Your answer should consist only of the lines below from the one with "-- ===== src/LoopSamples.antt" through the one with "abbrev first_slot : ℕ → ℕ → Option ℕ", copied exactly.

[Collected data]
BEGIN

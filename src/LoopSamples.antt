-- ===== src/LoopSamples.antt =====
-- A block that jumps to itself, and its jump led back when the block is invalidated.
use tcg_rs.Base.{ℕ, false, [], ◌∷◌, Option, none, some, ◌==◌, if◌then◌else◌}
use tcg_rs.Tb.{TranslationBlock, hash_bucket}
use tcg_rs.TbStore.{TbStore, Host}

-- Host code is where the jump at each offset leads.
abbrev host : Host
host = record { Code = ℕ → ℕ; patch_jump = λ code jmp to x. if x == jmp then to else code x }

abbrev leads : host.Code → ℕ → ℕ
leads code x = code x

abbrev first_slot : ℕ → ℕ → Option ℕ
first_slot v slot = if slot == 0 then some v else none

abbrev block : TranslationBlock
block = record {
  pc = 4096;
  cs_base = 0;
  flags = 0;
  cflags = 0;
  size = 4;
  icount = 1;
  host_offset = 100;
  host_size = 64;
  jmp_insn_offset = first_slot 110;
  jmp_reset_offset = first_slot 120;
  phys_pc = 0;
  hash_next = none;
  jmp = record { jmp_dest = first_slot 0; jmp_list = (0, 0) ∷ [] };
  invalid = false;
  exit_target = 0;
}

abbrev looped : TbStore
looped = record { tbs = block ∷ []; hash = λ b. if hash_bucket 4096 0 == b then some 0 else none }
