-- ===== src/MemOp.antt =====
-- core/src/types.rs: the descriptor of a memory access, fields of bits in a u16.
pub mod Fields
use tcg_rs.Base.{ℕ, ◌*◌, ◌^◌, bit_and, bit_or, Bool, not, ◌==◌}

abbrev pub MemOp : Type 0
MemOp = ℕ

abbrev pub size_8 : ℕ
size_8 = 0

abbrev pub size_16 : ℕ
size_16 = 1

abbrev pub size_32 : ℕ
size_32 = 2

abbrev pub size_64 : ℕ
size_64 = 3

abbrev pub sign : ℕ
sign = 1 * 2 ^ 2

abbrev pub bswap : ℕ
bswap = 1 * 2 ^ 3

abbrev pub align_2 : ℕ
align_2 = 1 * 2 ^ 4

abbrev pub align_4 : ℕ
align_4 = 2 * 2 ^ 4

abbrev pub align_8 : ℕ
align_8 = 3 * 2 ^ 4

abbrev pub align_16 : ℕ
align_16 = 4 * 2 ^ 4

abbrev pub align_32 : ℕ
align_32 = 5 * 2 ^ 4

abbrev pub align_64 : ℕ
align_64 = 6 * 2 ^ 4

unfoldable pub ub : MemOp
ub = size_8

unfoldable pub sb : MemOp
sb = bit_or size_8 sign

unfoldable pub uw : MemOp
uw = size_16

unfoldable pub sw : MemOp
sw = bit_or size_16 sign

unfoldable pub ul : MemOp
ul = size_32

unfoldable pub sl : MemOp
sl = bit_or size_32 sign

unfoldable pub uq : MemOp
uq = size_64

unfoldable pub size : MemOp → ℕ
size op = bit_and op 3

unfoldable pub is_signed : MemOp → Bool
is_signed op = not (bit_and op sign == 0)

unfoldable pub is_bswap : MemOp → Bool
is_bswap op = not (bit_and op bswap == 0)

unfoldable pub size_bytes : MemOp → ℕ
unfolding size
size_bytes op = 1 * 2 ^ size op
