-- ===== src/MemOp/Fields.antt =====
-- core/src/types.rs: the fields of a memory access are read back as they were put in.
use tcg_rs.Base.{
  ℕ, ◌*◌, ◌/◌, ◌%◌, ◌^◌, ◌<◌, ◌≤◌, ◌≡◌, refl, ap, ◌∙◌, bit_and, bit_or, Bool, true, false, not,
  ◌==◌, if◌then◌else◌, arith,
}
use native.Mathlib.Nat.{one-le-pow}
use tcg_rs.Base.Bits.{bit_and_mask}
use tcg_rs.Base.Digits.{digit, digit-bit_or, bit_and_pow}
use Prim.Native.Nat.{max}
use tcg_rs.MemOp.{MemOp, sign, bswap, size, is_signed, is_bswap, size_bytes}

-- A descriptor of four fields, by the constants of the source.
abbrev pub described : ℕ → Bool → Bool → ℕ → MemOp
described log signed swapped align =
    bit_or (bit_or (bit_or log (if signed then sign else 0)) (if swapped then bswap else 0))
      (align * 2 ^ 4)

digit-described :
    (log : ℕ) (signed swapped : Bool) (align i : ℕ)
    → digit (described log signed swapped align) i
      ≡ max
          (max
            (max (digit log i) (digit (if signed then sign else 0) i))
            (digit (if swapped then bswap else 0) i))
          (digit (align * 2 ^ 4) i)
digit-described log signed swapped align i =
    let a = if signed then sign else 0 in
    let b = if swapped then bswap else 0 in
    rw
      (
        digit-bit_or (bit_or (bit_or log a) b) (align * 2 ^ 4) i,
        digit-bit_or (bit_or log a) b i,
        digit-bit_or log a i,
      )
      refl

-- The four lowest digits.
low_digits :
    (log : ℕ) (signed swapped : Bool) (align : ℕ)
    → log < 4
    → (digit (described log signed swapped align) 0 ≡ log % 2)
      × (digit (described log signed swapped align) 1 ≡ log / 2 % 2)
      × (digit (described log signed swapped align) 2 ≡ (if signed then 1 else 0))
      × (digit (described log signed swapped align) 3 ≡ (if swapped then 1 else 0))
low_digits log true true align h =
    let d = digit-described log true true align in
    (omega (arith, d 0), omega (arith, d 1), omega (arith, d 2), omega (arith, d 3))
low_digits log true false align h =
    let d = digit-described log true false align in
    (omega (arith, d 0), omega (arith, d 1), omega (arith, d 2), omega (arith, d 3))
low_digits log false true align h =
    let d = digit-described log false true align in
    (omega (arith, d 0), omega (arith, d 1), omega (arith, d 2), omega (arith, d 3))
low_digits log false false align h =
    let d = digit-described log false false align in
    (omega (arith, d 0), omega (arith, d 1), omega (arith, d 2), omega (arith, d 3))

mask_test :
    (op i : ℕ) (b : Bool) → digit op i ≡ (if b then 1 else 0) → not (bit_and op (2 ^ i) == 0) ≡ b
mask_test op i true e =
    let all : bit_and op (2 ^ i) ≡ 2 ^ i = bit_and_pow op i ∙ rw e (omega arith) in
    let positive : 1 ≤ 2 ^ i = one-le-pow i 2 (omega arith) in rw all (ground arith)
mask_test op i false e =
    let all : bit_and op (2 ^ i) ≡ 0 = bit_and_pow op i ∙ rw e (omega arith) in rw all refl

-- The fields of a descriptor: the size as a power of two, the sign and the byte order do not disturb
-- each other, nor does the alignment disturb them.
pub size-described :
    (log : ℕ) (signed swapped : Bool) (align : ℕ)
    → log < 4
    → (size (described log signed swapped align) ≡ log)
      × (size_bytes (described log signed swapped align) ≡ 2 ^ log)
      × (is_signed (described log signed swapped align) ≡ signed)
      × (is_bswap (described log signed swapped align) ≡ swapped)
unfolding size size_bytes is_signed is_bswap
size-described log signed swapped align h =
    let op = described log signed swapped align in
    let (d0, d1, d2, d3) = low_digits log signed swapped align h in
    let low : op % 4 ≡ log = omega (arith, d0, d1) in
    let same : bit_and op 3 ≡ log = bit_and_mask 2 op ∙ low in
    (
      same,
      ap (λ (z : ℕ). 1 * 2 ^ z) same ∙ omega arith,
      mask_test op 2 signed d2,
      mask_test op 3 swapped d3,
    )
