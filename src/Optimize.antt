-- ===== src/Optimize.antt =====
-- backend/src/optimize.rs: what the optimizer knows of each temporary while it walks a block.
pub mod Eval
pub mod Rules
pub mod Fold
pub mod Pass
pub mod Known
pub mod Facts
pub mod Block
pub mod Sound
use tcg_rs.Base.{
  ℕ, zero, suc, ◌+◌, ◌-◌, List, [], ◌∷◌, ◌++◌, map, Bool, true, false, Option, none, some, length,
  get_or, set, replicate, ltb, ◌==◌, ◌&&◌, not, if◌then◌else◌, get_elem?,
}
use tcg_rs.Temp.{Temp, TempIdx, is_const}
use tcg_rs.Op.{Args}
use tcg_rs.Context.{Context}

pub record TempInfo : Type 0 where
  pub is_const : Bool
  pub val : ℕ
  pub copy_of : Option TempIdx

-- `TempInfo::default()`.
abbrev pub default_info : TempInfo
default_info = record { is_const = false; val = 0; copy_of = none }

abbrev pub Info : Type 0
Info = List TempInfo

-- The entry of a temporary, the default one out of range.
unfoldable pub ti : Info → TempIdx → TempInfo
ti info t = get_or info t default_info

unfoldable pub resolve_copy : Info → TempIdx → Option TempIdx
resolve_copy info t = if ltb t (length info) then (get_or info t default_info).copy_of else none

unfoldable pub clear_copy : TempInfo → TempInfo
clear_copy x = record x { copy_of = none }

unfoldable pub reset_copies : Info → Info
unfolding clear_copy
reset_copies info = map clear_copy info

-- Clears an entry that is a copy of `dst`.
unfoldable pub drop_copy_of : TempIdx → TempInfo → TempInfo
drop_copy_of dst x = elim x.copy_of [
  | none ↦ x
  | some s ↦ if s == dst then record x { copy_of = none } else x
]

unfoldable pub ensure_info : Info → TempIdx → Info
ensure_info info i =
    if ltb i (length info) then info else info ++ replicate (i + 1 - length info) default_info

-- The entry of `dst`, changed where it is.
unfoldable pub update_info : Info → TempIdx → (TempInfo → TempInfo) → Info
update_info info dst change = set info dst (change (get_or info dst default_info))

abbrev pub forget : TempInfo → TempInfo
forget x = record x { is_const = false; copy_of = none }

unfoldable pub set_const : Info → TempIdx → ℕ → Info
unfolding ensure_info update_info
set_const info dst v =
    update_info (ensure_info info dst) dst
      (λ x. record { is_const = true; val = v; copy_of = none })

unfoldable pub set_copy : Info → TempIdx → TempIdx → Info
unfolding ensure_info update_info ti
set_copy info dst src =
    let info' = ensure_info info dst in
    let si = ti info' src in
    update_info info' dst (λ x.
      if si.is_const
      then record x { is_const = true; val = si.val; copy_of = none }
      else record x { is_const = false; copy_of = some src })

unfoldable pub invalidate_one : Info → TempIdx → Info
unfolding ensure_info update_info drop_copy_of
invalidate_one info dst = map (drop_copy_of dst) (update_info (ensure_info info dst) dst forget)

-- `ctx.temp(t).is_const()`. Out of range the source panics; here the answer is no.
unfoldable pub is_const_temp : List Temp → TempIdx → Bool
is_const_temp temps t = elim (get_elem? temps t) [ none ↦ false | some tm ↦ is_const tm ]

-- One round of `invalidate_outputs`.
unfoldable pub invalidate_output : List Temp → Info → TempIdx → Info
unfolding is_const_temp update_info drop_copy_of
invalidate_output temps info t =
    if ltb t (length info) && not (is_const_temp temps t)
    then map (drop_copy_of t) (update_info info t forget)
    else info

-- The rounds from slot `i` on.
unfoldable pub invalidate_outputs : List Temp → Args → ℕ → ℕ → Info → Info
unfolding invalidate_output
invalidate_outputs temps args i zero info = info
invalidate_outputs temps args i (suc n) info =
    invalidate_outputs temps args (i + 1) n (invalidate_output temps info (args i))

END

Solution to the problem:
-- ===== src/LoopSamples.antt =====
-- A block that jumps to itself, and its jump led back when the block is invalidated.
use tcg_rs.Base.{ℕ, false, [], ◌∷◌, Option, none, some, ◌==◌, if◌then◌else◌}
use tcg_rs.Tb.{TranslationBlock, hash_bucket}
use tcg_rs.TbStore.{TbStore, Host}

-- Host code is where the jump at each offset leads.
abbrev host : Host
host = record { Code = ℕ → ℕ; patch_jump = λ code jmp to x. if x == jmp then to else code x }

abbrev leads : host.Code → ℕ → ℕ
leads code x = code x

abbrev first_slot : ℕ → ℕ → Option ℕ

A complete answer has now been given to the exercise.